Государственная мудрость, с какой Иоанн идет к осуществлению своих, велика в романе, – но она была велика и в истории.
Очень многие из наших прежних романистов и историков, говоря о Московской Руси, не могли удержаться от искушения, когда добродушно, а когда и презрительно похлопать наших предков по плечу и подчеркнуть их глуповатость и невежество. Язвицкий этого не делает, и поступает весьма благоразумно. Ведь, в самом деле, предки-то эти весьма неплохо справлялись со всеми проблемами, поставленными им эпохой – а проблемы, нельзя не признать, – были трудные!
Автор, может быть, слегка преувеличивает знакомство Иоанна и его двора с итальянской культурой; но кое-что из нее им было, конечно, знакомо. Что до того самобытного здравого смысла и до основанной на опыте житейской мудрости, какими они в его изображении руководствуются, – только их наличием и можно объяснить реальные и громадные успехи московских князей.

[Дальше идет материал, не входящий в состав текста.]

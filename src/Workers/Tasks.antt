-- ===== src/Workers/Tasks.antt =====
-- The email tasks of workers/notification/tasks.py, from their arguments to the mail and its delivery.
use pid_docs.Prelude.{ℕ, ◌≤◌, String, ◌≡◌, Option, none, some, List, [], ◌∷◌, arith}
use pid_docs.Prelude.Exec.{Result, ok, err}
use pid_docs.Workers.SendGrid.{Sdk}
use pid_docs.Workers.Delivery.{Report, deliver, Ended, deliver_terminates}
use pid_docs.Workers.Templates.{
  EmailContent, Calendar, build_verification_email, build_password_reset_email,
  build_grace_day1_email, build_grace_day6_email,
}

-- A task with its last argument: the token, or the end of the grace period.
pub data Task : Type 0 where
  send_verification_email send_password_reset_email : String → Task
  send_grace_day1_email send_grace_day6_email : String → Task

pub record Mail : Type 0 where
  pub from_email : String
  pub to_email : String
  pub subject : String
  -- the parts with their types, in their order
  pub contents : List (String × String)

pub build_mail : String → EmailContent → Mail
build_mail to_email content = record {
  from_email = "no-reply@pidextract.com";
  to_email = to_email;
  subject = content.subject;
  contents = ("text/plain", content.plain_text_body) ∷ ("text/html", content.html_body) ∷ [];
}

-- `none` is a `ValueError`: it is raised before anything is sent, and fails the task, which retries nothing by
-- itself (`autoretry_for=()`).
unfoldable pub content_of : Calendar → String → Task → Option EmailContent
content_of calendar display_name (send_verification_email token) =
    some (build_verification_email display_name token)
content_of calendar display_name (send_password_reset_email token) =
    some (build_password_reset_email display_name token)
content_of calendar display_name (send_grace_day1_email grace_period_end) =
    build_grace_day1_email calendar display_name grace_period_end
content_of calendar display_name (send_grace_day6_email grace_period_end) =
    build_grace_day6_email calendar display_name grace_period_end

pub data TaskError : Type 0 where
  value_error out_of_fuel : TaskError

module _ (calendar : Calendar) {I : Type 0} (of_nat : ℕ → I) (parse_int : String → Option I)
    (replies : ℕ → Sdk) where
  delivered : Option Report → Mail → Result TaskError (Mail × Report)
  delivered none mail = err out_of_fuel
  delivered (some r) mail = ok (mail, r)

  pub run_task : ℕ → String → String → Task → Result TaskError (Mail × Report)
  unfolding content_of build_mail delivered
  run_task fuel email display_name task = elim (content_of calendar display_name task) [
    | none ↦ err value_error
    | some content ↦ delivered (deliver of_nat parse_int replies fuel 0) (build_mail email content)
  ]

  -- Whatever SendGrid does, an email task whose content can be built ends, after at most three retries, with
  -- this content in a mail to the given address. It is delivered exactly if its last send was accepted, and
  -- every send before had failed in a way that is retried.
  pub run_task_terminates :
      (fuel : ℕ) (email display_name : String) (task : Task) (content : EmailContent)
      → 4 ≤ fuel
      → content_of calendar display_name task ≡ some content
      → (r : Report) × (run_task fuel email display_name task ≡ ok (build_mail email content, r))
        × Ended of_nat parse_int replies 0 r
  unfolding run_task
  run_task_terminates fuel email display_name task content h e =
      let (r, run, end) = deliver_terminates of_nat parse_int replies fuel h in
      (r, ground (arith, e, run), end)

Грандиозная фигура Иоанна, образы его бабушки Софьи Витовтовны, сильной, волевой женщины, не забывающей и на смертном одре напутствовать внука – «Круг Москвы собирай!», – его отца, его брата Юрия – все встают перед нами, не как схемы, а как живые люди, борьба и судьба которых вас волнуют и увлекают. Отчасти, впрочем, и потому, что от их участи – автор не дает нам этого забывать – зависит участь России.
Несмотря на суровость времени, роман не имеет мрачного фона. Показаны происходящие зверства и ужасы, но показано и то светлое, что было в быту, в характерах и нравах, а, главное, тот прогресс, который в этот момент бурно совершался. Единственный путь, возможный тогда для России, – когда ей надо было прогнать одних врагов и не допустить других, – лежал через власть единого государя и через верность православию. Язвицкий несколько раз с разных сторон объясняет, почему нельзя было принять тогда ни феодальной раздробленности, ни начавших было возникать еретических религиозных учений.
Блестящий в художественном отношении, глубокий психологически, и, сколько мы можем судить, исторически очень точный, этот роман решительно ни в чем не несет отпечатка советчины. По всем развитым в нем идеям он может быть только полезен любому антибольшевику и мог бы быть с выгодой употреблен для воспитания зарубежной молодежи. В нем, во всяком случае, нигде нельзя уловить ничего специально притянутого ad hoc[275]
для оправдания каких-либо действий или теорий советского правительства.Чем объяснить, что у большевиков стало возможным издавать такие романы, – об этом в прежние годы невозможно было бы и помыслить, – романы последовательно православные и монархические? – вот вопрос, который невольно себе ставишь. «Иван Третий» выпушен Государственным Издательством Художественной Литературы в Москве, в 1955 году. Но он является, несомненно, лишь некоторой вехой того движения по изучению и описанию в художественной форме событий русской истории, которое началось с войной против Германии и не кончилось и поныне.
При попущении ли или против воли вождей, русские писатели встали на правильный путь и не поколебались реабилитировать тех монархов, которые создали величие России, как и всех, кто им помогал, как и православную Церковь, сплотившую нацию вокруг высшего идеала, неустанно ее учившую и направлявшую. Очень хорошо: когда большевизма больше не будет, для новой России, какой бы она ни была, книги, подобные роману Язвицкого, целиком сохранят свою ценность.
А. Боханов. «Николай I» (Москва, 2008)
Этот великий царь был с давних лет предметом специальной ненависти всех леваков и за ними понятно большевиков, как и иностранцев – тут объединялись Герцен и Кюстин.
Поэтому приятно видеть книгу, изданную в России в наши дни и содержащую пламенную его защиту; в основном, конечно, и справедливую. Жаль, правда, что автор попутно подвергает резкой критике других русских монархов, как императора Александра Первого и даже великую Екатерину.
Отчасти потому, что он придает большое значение клевете на Николая Павловича, имевшего будто бы множество мелких любовных интрижек; что, как он убедительно доказывает, не имеет под собой никаких оснований.
Вопрос, однако, полагаем, не столь уж и важный. А вот факт небывалого культурного расцвета России в период его царствования есть факт неоспоримый и неповторимый.
Боханов отводит целую главу отношениям императора с его великим современником, Пушкиным. Он и прав. О них тоже чересчур много лжи уже сказано.
А ведь читая, например, письма Александра Сергеевича отчетливо видишь, что между этими двумя людьми взаимно ощущалась живая симпатия. Которую мелкая дрянь, вроде Бенкендорфа или Булгарина, могла лишь минутами затмить, но не в силах была серьезно поколебать.